Il presidente Giovanni Toti assicura che entro il 30 maggio tutte le persone che avranno diritto al vaccino lo avranno e che presto saranno aperti altri centri dove si potranno somministrare a partire da oggi (quello della Colletta di Arenzano), mentre le aziende ospedaliere aumenteranno la propria capacità di somministrazione. Molti hanno lamentato l’assenza di centri a Ponente, con l’opzione Rossiglione ritenuta da un lato troppo difficile da raggiungere per chi abita a Genova, dall’altro il sindaco del centro della Valle Stura Katia Piccardo aveva espresso timori che il punto vaccinale non sarebbe in realtà servito agli abitanti della valle com’era invece stato studiato in origine».

Sulla questione delle sedi Toti ribadisce: «Abbiamo scelto di essere più capillari possibili invece che concentrare il personale in luoghi ampi, ma che avrebbero evidentemente fatto spostare più persone».

La programmazione è stata fatta sulla base dei circa 21 mila vaccini a settimana che dovrebbe ricevere la Liguria: 19 mila circa saranno destinati agli over 80 e i restanti 2 mila alla fase ‘1 allargata’ (cioè i sanitari liberi professionisti eccetera). Nel caso dovessero arrivarne di più, la Regione si dice pronta a modificare la programmazione.

«Mano a mano che le agende saranno allargate – afferma Toti – potranno crearsi situazioni apparentemente inique: una volta chiuso il ciclo di prenotazione e analizzate le discrepanze, avremo modo di riequilibrare eventuali significative ingiustizie».

Inoltre viene chiarito che le prenotazioni per i non deambulanti a cui spetta la vaccinazione a domicilio inizierà dal 1° marzo.

«Coloro che invece hanno una temporanea incapacità di muoversi – specifica Toti – devono rivolgersi al proprio medico di medicina generale che comunicherà alla Asl di competenza la necessità di vaccinazione al domicilio».

Il presidente della Regione Liguria invita però i cittadini a mostrare un maggior senso civico: «Invitiamo tutti a non farsi prendere dall’ansia, magari prenotando attraverso il numero verde dedicato per poi chiamare il proprio medico e magari presentarsi alla giornata vaccinale nel proprio comune: in questo modo avremmo tre slot vaccinali occupati alla stessa persona. Il messaggio chiaro e forte è che nessuno rimarrà senza vaccino».
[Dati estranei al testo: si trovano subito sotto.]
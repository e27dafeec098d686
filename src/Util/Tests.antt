-- ===== src/Util/Tests.antt =====
-- The text helpers on short texts.
use netsystem.Base.{◌≡◌, refl, some, none, [], ◌∷◌, ◌++◌, ◌>>=◌, arith}
use netsystem.Util.Hex.{
  to_upper, is_digit, is_alpha, hex_char_to_int, bytes_to_hex_string, parts_from, part_to_byte,
  parts_to_bytes, hex_string_to_bytes, is_empty, AreBytes, hex_string_to_bytes-bytes_to_hex_string,
}
use netsystem.Util.Split.{split, join, Avoids, AreFields, split-join}
use netsystem.Util.Formula.{
  left_from, collect, formula_test_greater_or_eq, is_blank, is_operator, drop_blanks,
  split_simple_formula,
}
use netsystem.Util.Formula.Parse.{Blanks, NoOperators, IsSide, symbol, split_simple_formula-symbol}

-- 0x1F and 0xA0
bytes : AreBytes (31 ∷ 160 ∷ [])
unfolding AreBytes
bytes = (omega arith, (omega arith, tt))

hex_string_to_bytes-bytes_to_hex_string_example :
    (bytes_to_hex_string (31 ∷ 160 ∷ []) >>= hex_string_to_bytes) ≡ some (31 ∷ 160 ∷ [])
hex_string_to_bytes-bytes_to_hex_string_example =
    hex_string_to_bytes-bytes_to_hex_string (31 ∷ 160 ∷ []) bytes

-- `1a`: the small letter is read as 42, so the byte is 0x3A.
small_letter : hex_string_to_bytes (49 ∷ 97 ∷ []) ≡ some (58 ∷ [])
unfolding hex_string_to_bytes parts_from parts_to_bytes part_to_byte is_empty hex_char_to_int
    is_digit is_alpha to_upper
small_letter = refl

-- A text without an operator is read in front of its start.
no_operator : split_simple_formula (108 ∷ 118 ∷ []) ≡ none
unfolding split_simple_formula left_from collect is_empty is_operator is_blank
no_operator = refl

-- An empty part between two blanks is read behind its end.
two_blanks : hex_string_to_bytes (49 ∷ 70 ∷ 32 ∷ 32 ∷ 49 ∷ 70 ∷ []) ≡ none
unfolding hex_string_to_bytes parts_from parts_to_bytes part_to_byte is_empty
two_blanks = refl

two_fields : AreFields 44 ((97 ∷ []) ∷ (98 ∷ 99 ∷ []) ∷ [])
unfolding AreFields Avoids is_empty
two_fields = ((refl, tt), ((refl, (refl, tt)), refl))

split-join_example :
    split (join 44 ((97 ∷ []) ∷ (98 ∷ 99 ∷ []) ∷ [])) 2 44 ≡ (97 ∷ []) ∷ (98 ∷ 99 ∷ []) ∷ []
split-join_example = split-join 44 2 ((97 ∷ []) ∷ (98 ∷ 99 ∷ []) ∷ []) (omega arith) two_fields

-- ` lv >= 10`
left-IsSide : IsSide 108 (118 ∷ []) (32 ∷ []) (32 ∷ [])
unfolding is_blank drop_blanks is_empty Blanks
left-IsSide = record {
  starts = refl;
  ends = refl;
  before_blank = (refl, tt);
  after_blank = (refl, tt);
  short = omega arith;
}

right-IsSide : IsSide 49 (48 ∷ []) (32 ∷ []) []
unfolding is_blank drop_blanks is_empty Blanks
right-IsSide = record {
  starts = refl;
  ends = refl;
  before_blank = (refl, tt);
  after_blank = tt;
  short = omega arith;
}

no_operators : NoOperators (108 ∷ 118 ∷ [])
unfolding NoOperators is_operator
no_operators = (refl, (refl, tt))

split_simple_formula-symbol_example :
    split_simple_formula (
      (32 ∷ [])
      ++ (108 ∷ 118 ∷ [])
      ++ (32 ∷ [])
      ++ (symbol formula_test_greater_or_eq ++ ((32 ∷ []) ++ (49 ∷ 48 ∷ []) ++ [])))
    ≡ some (record {
      left = 108 ∷ 118 ∷ [];
      right = 49 ∷ 48 ∷ [];
      test_flag = formula_test_greater_or_eq;
    })
split_simple_formula-symbol_example =
    split_simple_formula-symbol 108 (118 ∷ []) (32 ∷ []) (32 ∷ []) formula_test_greater_or_eq 49
      (48 ∷ []) (32 ∷ []) [] left-IsSide no_operators right-IsSide refl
Il subcommissario di Alisa con funzioni di direttore sanitario e responsabile Prevenzione Filippo Ansaldi ha spiegato che la fase 1 “stretta”, quella che riguarda la vaccinazione del personale socio-sanitario e gli ospiti delle Rsa, è rappresentata da 60.142 soggetti che saranno vaccinati entro la metà di marzo. «Le ultime dosi necessarie sono state consegnate questa settimana e sono necessarie 3-4 settimane per ultimare questa fase con la doppia somministrazione. A questi si stanno affiancando gli over 80, che sono circa
170 mila persone, con una adesione alla vaccinazione stimata intorno all’85%: per concludere la loro vaccinazione entro il 9 maggio avremmo dovuto somministrare circa 24 mila dosi alla settimana ma sono diminuite le dosi in consegna e abbiamo dovuto riprogrammare, in relazione alla quantità di vaccini che prevediamo verrà consegnata».
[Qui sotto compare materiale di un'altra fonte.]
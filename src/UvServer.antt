-- ===== src/UvServer.antt =====
-- src/tcp/uv/uv_server.c, src/tcp/uv/UvServer.cpp and .h, src/tcp/uv/UvClientConn.cpp and .h, and
-- `uv_close_` of src/tcp/uv/uv_client.c: the clients that a server accepts, and who frees their memory.
-- An object is its address, 0 is null. What is allocated is in a map by address, so a use of memory that
-- was freed or never set is `none`. So is freeing a socket that the loop of libuv still knows.
pub mod Accept
pub mod Lifecycle
pub mod Linked
pub mod Disposal
pub mod Safety
pub mod Reached
pub mod Post
pub mod Receive
mod Tests
use netsystem.Base.{
  ℕ, Bool, true, false, not, ◌&&◌, ◌||◌, Option, none, some, List, [], ◌∷◌, ◌++◌, ltb, ◌==◌,
  if◌then◌else◌, lookup, put, erase, or_else, ◌>>=◌,
}

-- `client_handle_t`. `bb` is whether the buffer is created.
pub record Handle : Type 0 where
  pub sockimpl : ℕ
  pub connimpl : ℕ
  pub bb : Bool

-- `CUvClientConn`
pub record Client : Type 0 where
  pub running : Bool
  pub connected : Bool
  pub disposed : Bool
  pub flushed : Bool
  pub packet : Bool
  pub clnt : ℕ

pub data CloseCb : Type 0 where
  on_sock_close on_stream_close : CloseCb

-- What the handlers and the connection manager are told.
pub data Call : Type 0 where
  add_client : ℕ → Call
  remove_client : ℕ → Call
  event_connected : ℕ → Call
  event_disconnected : ℕ → Call

-- `streams` is `_tcpStreamDict`, `sockets` holds the `data` of each, `closing` the sockets that libuv
-- was asked to close, `srvr_impl` is whether that pointer is set.
pub record Server : Type 0 where
  pub closed : Bool
  pub ready : Bool
  pub srvr_impl : Bool
  pub streams : List (ℕ × ℕ)
  pub handles : List (ℕ × Handle)
  pub sockets : List (ℕ × ℕ)
  pub closing : List (ℕ × CloseCb)
  pub clients : List (ℕ × Client)
  pub calls : List Call

unfoldable pub new_client : Client
new_client = record {
  running = true;
  connected = false;
  disposed = false;
  flushed = false;
  packet = false;
  clnt = 0;
}

abbrev pub call : Call → Server → Server
call c s = record s { calls = s.calls ++ (c ∷ []) }

abbrev pub set_client : ℕ → Client → Server → Server
set_client conn c s = record s { clients = put conn c s.clients }

abbrev pub set_handle : ℕ → Handle → Server → Server
set_handle clnt h s = record s { handles = put clnt h s.handles }

-- Whether libuv was asked to close the socket.
unfoldable pub is_closing : Option CloseCb → Bool
is_closing none = false
is_closing (some _) = true

unfoldable pub uv_close_ : ℕ → CloseCb → Server → Option Server
uv_close_ sock cb s =
    if sock == 0
    then some s
    else lookup sock s.sockets >>= (λ _. some (
        if is_closing (lookup sock s.closing)
        then s
        else record s { closing = put sock cb s.closing }))

-- `bip_buf_destroy(clnt->_bb); free(clnt);`
unfoldable pub free_client_handle : ℕ → Server → Option Server
free_client_handle clnt s =
    lookup clnt s.handles
    >>= (λ h. if h.bb then some (record s { handles = erase clnt s.handles }) else none)

unfoldable pub add_stream : ℕ → Server → Server
add_stream clnt s = record s { streams = put clnt clnt s.streams }

-- The handle that was found, or null.
unfoldable pub found_stream : Option ℕ → ℕ
found_stream none = 0
found_stream (some clnt) = clnt

unfoldable pub remove_stream : ℕ → Server → ℕ × Server
remove_stream streamptr s =
    (found_stream (lookup streamptr s.streams), record s { streams = erase streamptr s.streams })

unfoldable pub on_connect : ℕ → Server → Option Server
on_connect conn s = lookup conn s.clients >>= (λ c. some (
    if c.running && not c.connected
    then call (event_connected conn) (set_client conn (record c { connected = true }) s)
    else s))

unfoldable pub on_disconnect : ℕ → Server → Option Server
on_disconnect conn s = lookup conn s.clients >>= (λ c. some (
    if c.connected
    then call (event_disconnected conn) (set_client conn (record c { connected = false }) s)
    else s))

-- The branch of `FlushStream` for a handle that is set.
unfoldable pub flush_handle : ℕ → Client → Handle → Server → Option Server
flush_handle conn c h s =
    if not (h.sockimpl == 0) && not c.flushed
    then uv_close_ h.sockimpl on_stream_close s >>= (λ s'. some (
        set_client conn (record c { flushed = true })
          (set_handle c.clnt (record h { sockimpl = 0 }) s')))
    else some s

unfoldable pub flush_stream : ℕ → Server → Option Server
flush_stream conn s = lookup conn s.clients >>= (λ c.
    if c.clnt == 0 then some s else lookup c.clnt s.handles >>= (λ h. flush_handle conn c h s))

unfoldable pub dispose_connection : ℕ → Server → Option Server
dispose_connection conn s = lookup conn s.clients >>= (λ c.
    if not c.disposed
    then flush_stream conn (set_client conn (record c { disposed = true; packet = false }) s)
    else some s)

-- `OnRemoveClient` of a manager that holds the client: it gives it to `ReleaseConnection` of the factory.
unfoldable pub on_remove_client : ℕ → Server → Option Server
on_remove_client conn s = dispose_connection conn (call (remove_client conn) s)

unfoldable pub disconnect : ℕ → Server → Option Server
disconnect conn s = lookup conn s.clients >>= (λ c.
    if not c.disposed && c.running
    then on_disconnect conn (set_client conn (record c { running = false }) s)
      >>= on_remove_client conn
    else some s)

-- `uv_write` answers whether it took the data. It reads the handle it is given, so null is `none`.
unfoldable pub send_raw : (written : Bool) → ℕ → Server → Option Server
send_raw written conn s = lookup conn s.clients >>= (λ c.
    if c.clnt == 0
    then none
    else lookup c.clnt s.handles >>= (λ h.
      if s.srvr_impl && not (h.sockimpl == 0)
      then (if written then some s else dispose_connection conn s)
      else none))

unfoldable pub confirm_client_is_ready : ℕ → ℕ → Server → Option Server
confirm_client_is_ready conn streamptr s =
    let removed = remove_stream streamptr s in
    lookup conn s.clients >>= (λ c. some (
      set_client conn (record c { clnt = removed.0; packet = not (removed.0 == 0) || c.packet })
        removed.1))

-- The destructor, and `delete`.
unfoldable pub delete_client : ℕ → Server → Option Server
delete_client conn s = lookup conn s.clients >>= (λ c.
    let s = record s { clients = erase conn s.clients } in
    if c.clnt == 0 then some s else free_client_handle c.clnt s)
Ansaldi ricorda che i tre accessi obbligatori per le vaccinazioni nei primi anni di vita di un bambino sono circa 25 mila.
«Non bisogna confondere – aggiunge Ansaldi – le agende con le dosi che vengono somministrate agli over 80: oltre al portale, al numero verde Cup e agli sportelli, abbiamo anche altri canali di accesso come ad esempio le giornate vaccinali nei piccoli comuni, gli anziani che vengono vaccinati in dimissione dagli ospedali e le vaccinazioni al domicilio.
Alle aziende sanitarie e ospedaliere è stato chiesto un enorme sforzo, tenuto conto che il contributo del personale arrivato dalla struttura commissariale ha un peso assolutamente relativo: in Asl 3 ad esempio risultano arrivati 8 medici. È bene ricordare che ci sarà un’operazione di recupero ogni volta che verranno aperti nuovi posti disponibili».